The entire fleet of U.S. submarines, responding to commands from on-board fire control computers, spontaneously jettisoned their arsenals of nuclear missiles, which had been secretly deployed in direct violation of three different international arms treaties. Some military experts speculated that similar events probably took place on Chinese and North Korean submarines.
CNN reported that across the United States, divorce rates were going non-linear, domestic violence, murder, and assaults were up over 300 percent from the previous month. Areas densely populated with computers — Silicon Valley, the Dulles corridor, and Redmond Washington — were the hardest hit.
As Sid and Cray labored to nail down the underlying scientific basis for the GW effect, all over the world, billions of computer users, started to see their own way out. One by one, with more and more joining in as the hours and days passed, they simply turned off their computers, pulled the plugs, and threw them in the garbage. Even computers too old, too new, or too stupid to get the GW went. No one wanted to go near anything with a keyboard and a monitor.

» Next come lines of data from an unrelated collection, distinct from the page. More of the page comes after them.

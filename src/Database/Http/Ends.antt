-- ===== src/Database/Http/Ends.antt =====
-- The loops of `httpParse` in Database/database.cpp end: every round over the header fields that goes
-- on has read at least one byte.
use distributed_matrix_multi.Prelude.{
  ℕ, zero, suc, ◌+◌, ◌≤◌, ◌<◌, ◌≡◌, ◌≢◌, inl, inr, Bool, true, false, not, ◌&&◌, Option, none, some,
  [], ◌∷◌, arith, ◌==◌, if◌then◌else◌, Bool-cases, ℤ, Bytes, codes, starts_with, length, drop,
  length-drop,
}
use distributed_matrix_multi.Decimal.Read.{
  read_number, ReadNumber, number, wrong_length, minus_one, ◌==ℤ◌,
}
use distributed_matrix_multi.Database.Http.Parse.{
  HttpCommand, get, post, Header, Outcome, done, out_of_fuel, field_of, body_of, store_field, once,
  crlf, Round, finish, next, crash, request, is_post, is_content_length, Field, field, malformed,
  unreadable, read_field, skip_line, end_of_header, last_chunk_field, header_round, after_round,
  no_fields, skip_to_cr, parse_header, parse_version, target_of, http_parse, invalid,
}

starts_with-length : (p s : Bytes) → starts_with p s ≡ true → length p ≤ length s
starts_with-length [] s h = omega arith
starts_with-length (c ∷ p) [] h = cc
starts_with-length (c ∷ p) (d ∷ s) h = ground (arith, starts_with-length p s)

-- A round that goes on leaves less than `n` bytes.
abbrev Shorter : ℕ → Round → Type 0
Shorter n (finish p) = Unit
Shorter n (next h rest) = length rest < n
Shorter n crash = Unit

Shorter-mono : (m n : ℕ) (r : Round) → Shorter m r → m ≤ n → Shorter n r
Shorter-mono m n (finish p) h k = tt
Shorter-mono m n (next g rest) h k = omega arith
Shorter-mono m n crash h k = tt

skip_line-Shorter : (h : Header) (message : Bytes) → Shorter (length message) (skip_line h message)
unfolding skip_line
skip_line-Shorter h [] = tt
skip_line-Shorter h (c ∷ []) = ground arith
skip_line-Shorter h (c ∷ d ∷ message) = elim (Bool-cases (c == b'\r' && d == b'\n')) [
  | inl ending ↦ rw ending (omega arith)
  | inr other ↦ rw other (
      Shorter-mono _ _ (skip_line h (d ∷ message)) (skip_line-Shorter h (d ∷ message))
        (omega arith))
]

abbrev ShorterField : ℕ → Field → Type 0
ShorterField n (field value rest) = length rest < n
ShorterField n malformed = Unit
ShorterField n unreadable = Unit

field_of-Shorter :
    (r : Option ReadNumber) (message : Bytes) → ShorterField (length message) (field_of r message)
unfolding field_of
field_of-Shorter none message = tt
field_of-Shorter (some wrong_length) message = tt
field_of-Shorter (some (number value zero)) message = tt
field_of-Shorter (some (number value (suc n))) message =
    let rest = drop (suc n) message in
    elim (Bool-cases (starts_with crlf rest)) [
      | inr other ↦ rw other tt
      | inl ending ↦ rw ending (
          omega (
            arith,
            starts_with-length crlf rest ending,
            length-drop 2 rest,
            length-drop (suc n) message,
          ))
    ]

read_field-Shorter : (message : Bytes) → ShorterField (length message) (read_field message)
unfolding read_field
read_field-Shorter message = field_of-Shorter (read_number minus_one message) message

store_field-Shorter :
    (n : ℕ) (f : Field) (set : ℤ → Header) → ShorterField n f → Shorter n (store_field f set)
store_field-Shorter n (field value rest) set h = h
store_field-Shorter n malformed set h = tt
store_field-Shorter n unreadable set h = tt

once-Shorter :
    (old : ℤ) (message : Bytes) (set : ℤ → Header) → Shorter (length message) (once old message set)
once-Shorter old message set = elim (Bool-cases (not (old ==ℤ minus_one))) [
  | inl again ↦ rw again tt
  | inr first ↦
      rw first
        (store_field-Shorter (length message) (read_field message) set (read_field-Shorter message))
]

last_chunk_field-Shorter :
    (h : Header) (message : Bytes) → Shorter (length message) (last_chunk_field h message)
unfolding last_chunk_field
last_chunk_field-Shorter h message = elim (Bool-cases (starts_with (codes "TRUE\r\n") message)) [
  | inl yes_last ↦
      rw yes_last (
        omega
          (arith, starts_with-length (codes "TRUE\r\n") message yes_last, length-drop 6 message))
  | inr no_true ↦ elim (Bool-cases (starts_with (codes "FALSE\r\n") message)) [
    | inl not_last ↦
        rw (no_true, not_last)
          (omega
            (arith, starts_with-length (codes "FALSE\r\n") message not_last, length-drop 7 message))
    | inr no_false ↦ rw (no_true, no_false) (skip_line-Shorter h message)
  ]
]

body_of-Shorter :
    (n : ℕ) (target : ℤ) (h : Header) (r : Option ReadNumber) → Shorter n (body_of target h r)
unfolding body_of
body_of-Shorter n target h none = tt
body_of-Shorter n target h (some wrong_length) = tt
body_of-Shorter n target h (some (number value zero)) = tt
body_of-Shorter n target h (some (number value (suc k))) = tt

end_of_header-Shorter :
    (n : ℕ) (command : HttpCommand) (target : ℤ) (h : Header) (message : Bytes)
    → Shorter n (end_of_header command target h message)
unfolding end_of_header
end_of_header-Shorter n get target h message = tt
end_of_header-Shorter n post target h message = elim (Bool-cases (h.content_length ==ℤ minus_one)) [
  | inl missing ↦ rw missing tt
  | inr given ↦ rw given (body_of-Shorter n target h _)
]

record Shortens (n : ℕ) (r : Round) : Type 0 where
  shorter : Shorter n r

-- A choice between two rounds.
if-Shortens :
    (n : ℕ) (b : Bool) (r s : Round) → Shortens n r → Shortens n s → Shortens n (if b then r else s)
if-Shortens n true r s h k = h
if-Shortens n false r s h k = k

drop-Shortens :
    (k : ℕ) (message : Bytes) (r : Round)
    → Shorter (length (drop k message)) r
    → Shortens (length message) r
drop-Shortens k message r h = record {
  shorter =
      Shorter-mono (length (drop k message)) (length message) r h
        (omega (arith, length-drop k message));
}

header_round-Shortens :
    (command : HttpCommand) (target : ℤ) (h : Header) (message : Bytes)
    → Shortens (length message) (header_round command target h message)
unfolding header_round
header_round-Shortens command target h message =
    let n = length message in
    let line_end : Round = end_of_header command target h (drop 2 message) in
    if-Shortens n (not (is_post command) && starts_with (0 ∷ []) message)
      (finish (request command target h none)) _ (record { shorter = tt })
      (if-Shortens n (starts_with crlf message) line_end _
        (record { shorter = end_of_header-Shorter n command target h (drop 2 message) })
        (if-Shortens n (starts_with (codes "Row: ") message) _ _
          (drop-Shortens 5 message _
            (once-Shorter h.row (drop 5 message) (λ v. record h { row = v })))
          (if-Shortens n (starts_with (codes "Column: ") message) _ _
            (drop-Shortens 8 message _
              (once-Shorter h.col (drop 8 message) (λ v. record h { col = v })))
            (if-Shortens n (is_post command && is_content_length message) _ _
              (drop-Shortens 16 message _ (
                once-Shorter h.content_length (drop 16 message)
                  (λ v. record h { content_length = v })))
              (if-Shortens n (is_post command && starts_with (codes "Last-Chunk: ") message) _ _
                (drop-Shortens 12 message _ (last_chunk_field-Shorter h (drop 12 message)))
                (record { shorter = skip_line-Shorter h message }))))))

after_round_ends :
    (n : ℕ) (more : Header → Bytes → Outcome)
    → ((h : Header) (rest : Bytes) → length rest < n → more h rest ≢ out_of_fuel)
    → (r : Round) → Shorter n r
    → after_round more r ≢ out_of_fuel
after_round_ends n more ends (finish parsed) h e = cc
after_round_ends n more ends (next g rest) h e = ends g rest h e
after_round_ends n more ends crash h e = cc

-- With more fuel than bytes the loop ends.
parse_header_ends :
    (fuel : ℕ) (command : HttpCommand) (target : ℤ) (h : Header) (message : Bytes)
    → length message < fuel
    → parse_header fuel command target h message ≢ out_of_fuel
unfolding parse_header
parse_header_ends zero command target h message enough e = ground arith
parse_header_ends (suc fuel) command target h message enough e =
    after_round_ends (length message) (λ h' rest. parse_header fuel command target h' rest)
      (λ h' rest less. parse_header_ends fuel command target h' rest (omega arith))
      (header_round command target h message)
      (Shortens.shorter (header_round-Shortens command target h message)) e

if_ends :
    (b : Bool) (r s : Outcome)
    → r ≢ out_of_fuel
    → s ≢ out_of_fuel
    → (if b then r else s) ≢ out_of_fuel
if_ends true r s h k = h
if_ends false r s h k = k

parse_version_ends :
    (command : HttpCommand) (target : ℤ) (message : Bytes)
    → parse_version command target message ≢ out_of_fuel
unfolding parse_version
parse_version_ends command target message =
    let fields = drop 2 (skip_to_cr (drop 6 message)) in
    if_ends (not (starts_with (codes " HTTP/") message)) (done invalid) _ (λ e. cc)
      (if_ends (not (starts_with crlf (skip_to_cr (drop 6 message)))) (done invalid) _ (λ e. cc)
        (parse_header_ends (length fields + 1) command target no_fields fields (omega arith)))

target_of_ends :
    (command : HttpCommand) (r : Option ReadNumber) (message : Bytes)
    → target_of command r message ≢ out_of_fuel
unfolding target_of
target_of_ends command none message e = cc
target_of_ends command (some wrong_length) message e = cc
target_of_ends command (some (number target zero)) message e = cc
target_of_ends command (some (number target (suc n))) message e =
    parse_version_ends command target (drop (suc n) message) e

-- The parser ends on every content of the receive buffer: a round of its loop over the header fields for
-- each byte behind the first line, and one more, are enough.
pub http_parse_ends : (message : Bytes) → http_parse message ≢ out_of_fuel
unfolding http_parse
http_parse_ends message =
    if_ends (starts_with (codes "GET /") message) _ _
      (target_of_ends get (read_number minus_one (drop 5 message)) (drop 5 message))
      (if_ends (starts_with (codes "POST /") message) _ _
        (target_of_ends post (read_number minus_one (drop 6 message)) (drop 6 message)) (λ e. cc))
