-- ===== src/Database/Http/Tests.antt =====
-- Runs of `httpParse` of Database/database.cpp, on requests of readers and on a worker's request.
use distributed_matrix_multi.Prelude.{
  ◌≡◌, ◌≢◌, refl, true, false, some, none, [], ◌∷◌, ◌++◌, arith, pos, negsuc, Bytes, codes,
}
use distributed_matrix_multi.Decimal.Read.{minus_one}
use distributed_matrix_multi.Worker.Handler.Defs.{HttpTask}
use distributed_matrix_multi.Worker.Message.{post_message}
use distributed_matrix_multi.Database.Http.Parse.{get, done, out_of_fuel, valid, http_parse}
use distributed_matrix_multi.Database.Http.Ends.{http_parse_ends}
use distributed_matrix_multi.Database.Http.Gets.{get_message, get_request, http_parse-get_message}
use distributed_matrix_multi.Database.Http.Posted.{IsPostable, request_of, http_parse-post_message}

abbrev get_text : Bytes
get_text = codes "GET /7 HTTP/1.1\r\nRow: 2\r\nHost: db\r\n\r\n"

get_text_parses :
    http_parse get_text
    ≡ done (
        valid (record {
          http_command = get;
          target_matrix = pos 7;
          row = pos 2;
          col = minus_one;
          last_chunk = false;
          content = none;
        }))
unfolding http_parse
get_text_parses = refl

http_parse_ends_example : http_parse get_text ≢ out_of_fuel
http_parse_ends_example = http_parse_ends get_text

abbrev stored : HttpTask
stored = record { result_matrix = 3; row = 10; col = 0; result = negsuc 1204; last_chunk = true }

stored-IsPostable : IsPostable stored
stored-IsPostable = record {
  matrix_readable = omega arith;
  row_readable = omega arith;
  col_readable = omega arith;
  result_readable = (omega arith, omega arith);
}

http_parse-post_message_example :
    (message : Bytes) × (post_message stored ≡ some message)
    × (http_parse (message ++ (0 ∷ 0 ∷ [])) ≡ request_of stored)
http_parse-post_message_example = http_parse-post_message stored (0 ∷ 0 ∷ []) stored-IsPostable refl

http_parse-get_message_example :
    (message : Bytes) × (get_message 7 none (some 2) ≡ some message)
    × (http_parse (message ++ (0 ∷ [])) ≡ get_request 7 none (some 2))
http_parse-get_message_example =
    http_parse-get_message 7 none (some 2) (0 ∷ []) (omega arith) tt (omega arith)
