-- ===== src/Database/ResultMatrix.antt =====
-- Database/ResultMatrix.h: the values that the workers have stored so far, and how a value is shown.
pub mod Defs
pub mod Cells
pub mod Stores
pub mod Shown
pub mod Sums
pub mod Html
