-- ===== src/Database/Server.antt =====
-- Database/database.cpp: the map of result matrices, the two responses, and what `main` does with the
-- content of the receive buffer.
pub mod Defs
pub mod Posts
pub mod Gets
pub mod Served
mod Tests
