-- ===== src/Database/Server/Tests.antt =====
-- A worker's request to a Database/database.cpp that has no result matrix yet.
use distributed_matrix_multi.Prelude.{true, negsuc}
use distributed_matrix_multi.Worker.Handler.Defs.{HttpTask}

abbrev first_result : HttpTask
first_result = record { result_matrix = 2; row = 1; col = 3; result = negsuc 41; last_chunk = true }
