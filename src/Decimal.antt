-- ===== src/Decimal.antt =====
-- Decimal numbers as the program writes and reads them: `numberToString`, which the worker, the
-- database and its result matrices each have, and `readNumberFromChars` of Database/database.cpp.
pub mod Print
pub mod Read
pub mod RoundTrip
pub mod ReadBack
pub mod Printed
mod Tests
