-- ===== src/Decimal/Tests.antt =====
-- A number as `numberToString` and `readNumberFromChars` of Database/database.cpp see it.
use distributed_matrix_multi.Prelude.{◌≡◌, refl, inl, some, ◌++◌, arith, negsuc, codes, i32_bound}
use distributed_matrix_multi.Decimal.Print.{number_to_string}
use distributed_matrix_multi.Decimal.Read.{read_number, number, minus_one}
use distributed_matrix_multi.Decimal.ReadBack.{read_number-number_to_string}

minus_forty : number_to_string i32_bound (negsuc 39) ≡ some (codes "-40")
unfolding number_to_string
minus_forty = refl

read_number-number_to_string_example :
    read_number minus_one (codes "-40" ++ codes "\r\n") ≡ some (number (negsuc 39) 3)
read_number-number_to_string_example =
    read_number-number_to_string i32_bound minus_one (negsuc 39) (codes "-40") (codes "\r\n")
      (omega arith, omega arith) minus_forty (inl refl) refl
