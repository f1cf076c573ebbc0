-- ===== src/Healthcheck.antt =====
-- The healthcheck between `healthcheck` of Controller/controller.cpp and `healthcheck` of
-- Worker/worker.cpp: one byte each way, with a status bit and seven bits of the worker's number. A byte
-- is the number of its eight bits, so that `b & 0x7F` is `b % 128`, and `(b & 0x80) >> 7` is `b / 128`.
mod Tests
pub mod Round
use mathlib.Core.Option.{none-ne-some}
use distributed_matrix_multi.Prelude.{
  ℕ, zero, suc, ◌+◌, ◌*◌, ◌/◌, ◌%◌, ◌≡◌, refl, sym, ◌↔◌, ◌≢◌, inl, inr, Bool, false, Option, none,
  some, List, [], ◌∷◌, arith, ◌==◌, if◌then◌else◌, Bool-cases,
}

-- HEALTHCHECK_MSG_STATUS | (HEALTHCHECK_MSG_WORKERNR & (worker % HEALTHCHECK_MSG_WORKERNR)), in both
-- programs.
unfoldable pub request_byte : ℕ → ℕ
request_byte worker = 128 + worker % 127 % 128

-- (HEALTHCHECK_MSG_STATUS & (worker_status << 7)) | (HEALTHCHECK_MSG_WORKERNR & (worker_nr % 128))
unfoldable pub response_byte : ℕ → ℕ → ℕ
response_byte worker_status worker_nr = worker_status % 2 * 128 + worker_nr % 128 % 128

-- The worker's side: a request that is not its own is only reported.
unfoldable pub answer_healthcheck : ℕ → ℕ → ℕ → Option ℕ
unfolding request_byte response_byte
answer_healthcheck worker_status worker_nr received =
    if received == request_byte worker_nr
    then some (response_byte worker_status worker_nr)
    else none

-- The controller's side: what `receiveMsgTimeout` gives, one after the other, where `none` is a timeout;
-- the new status, if the loop ends with these.
unfoldable pub await_response : ℕ → List (Option ℕ) → Option ℕ
await_response worker [] = none
await_response worker (none ∷ received) = some 2
await_response worker (some b ∷ received) =
    let rest = await_response worker received in
    if b % 128 == worker % 128 then some (b / 128 % 2) else rest

-- A message that the controller passes over.
abbrev pub IsStray : ℕ → Option ℕ → Type 0
IsStray worker none = ⊥
IsStray worker (some b) = (b % 128 == worker % 128) ≡ false

-- A worker takes a request for its own exactly when the two numbers are the same modulo 127.
pub answer_healthcheck_iff :
    (worker_status worker_nr worker : ℕ)
    → (answer_healthcheck worker_status worker_nr (request_byte worker) ≢ none)
      ↔ (worker % 127 ≡ worker_nr % 127)
unfolding answer_healthcheck
answer_healthcheck_iff worker_status worker_nr worker =
    elim (Bool-cases (128 + worker % 127 % 128 == 128 + worker_nr % 127 % 128)) [
      | inl same ↦
          let equal : worker % 127 ≡ worker_nr % 127 = ground arith in
          (λ answered. equal, λ e nothing. none-ne-some _ (sym (rw same at nothing)))
      | inr differ ↦ (λ answered. absurd (answered (rw differ refl)), λ e. absurd (ground arith))
    ]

History would eventually show that Cray and Sid were right. Entirely by accident, through a combination of the right hardware and software, computers had become incapable of telling a lie. History would also show that such a computer was something that the world was not ready for, at least not yet. But when the story was finally recorded for posterity, it was not done on the latest word processor. It was done on simple number ten bond paper with a 99 cent ball point pen. That was how Cray and Sid wrote up the final report on the GW effect. The draft was carboned and snail-mailed to the three or four hundred people who still had an interest in the topic.
It came out about two years after the first report of the GW effect, and eighteen months after all the governments of the world, for the sake of mankind, decided to outlaw the production, ownership, and use of all binary-based logical calculating devices, or as they used to be called, computers.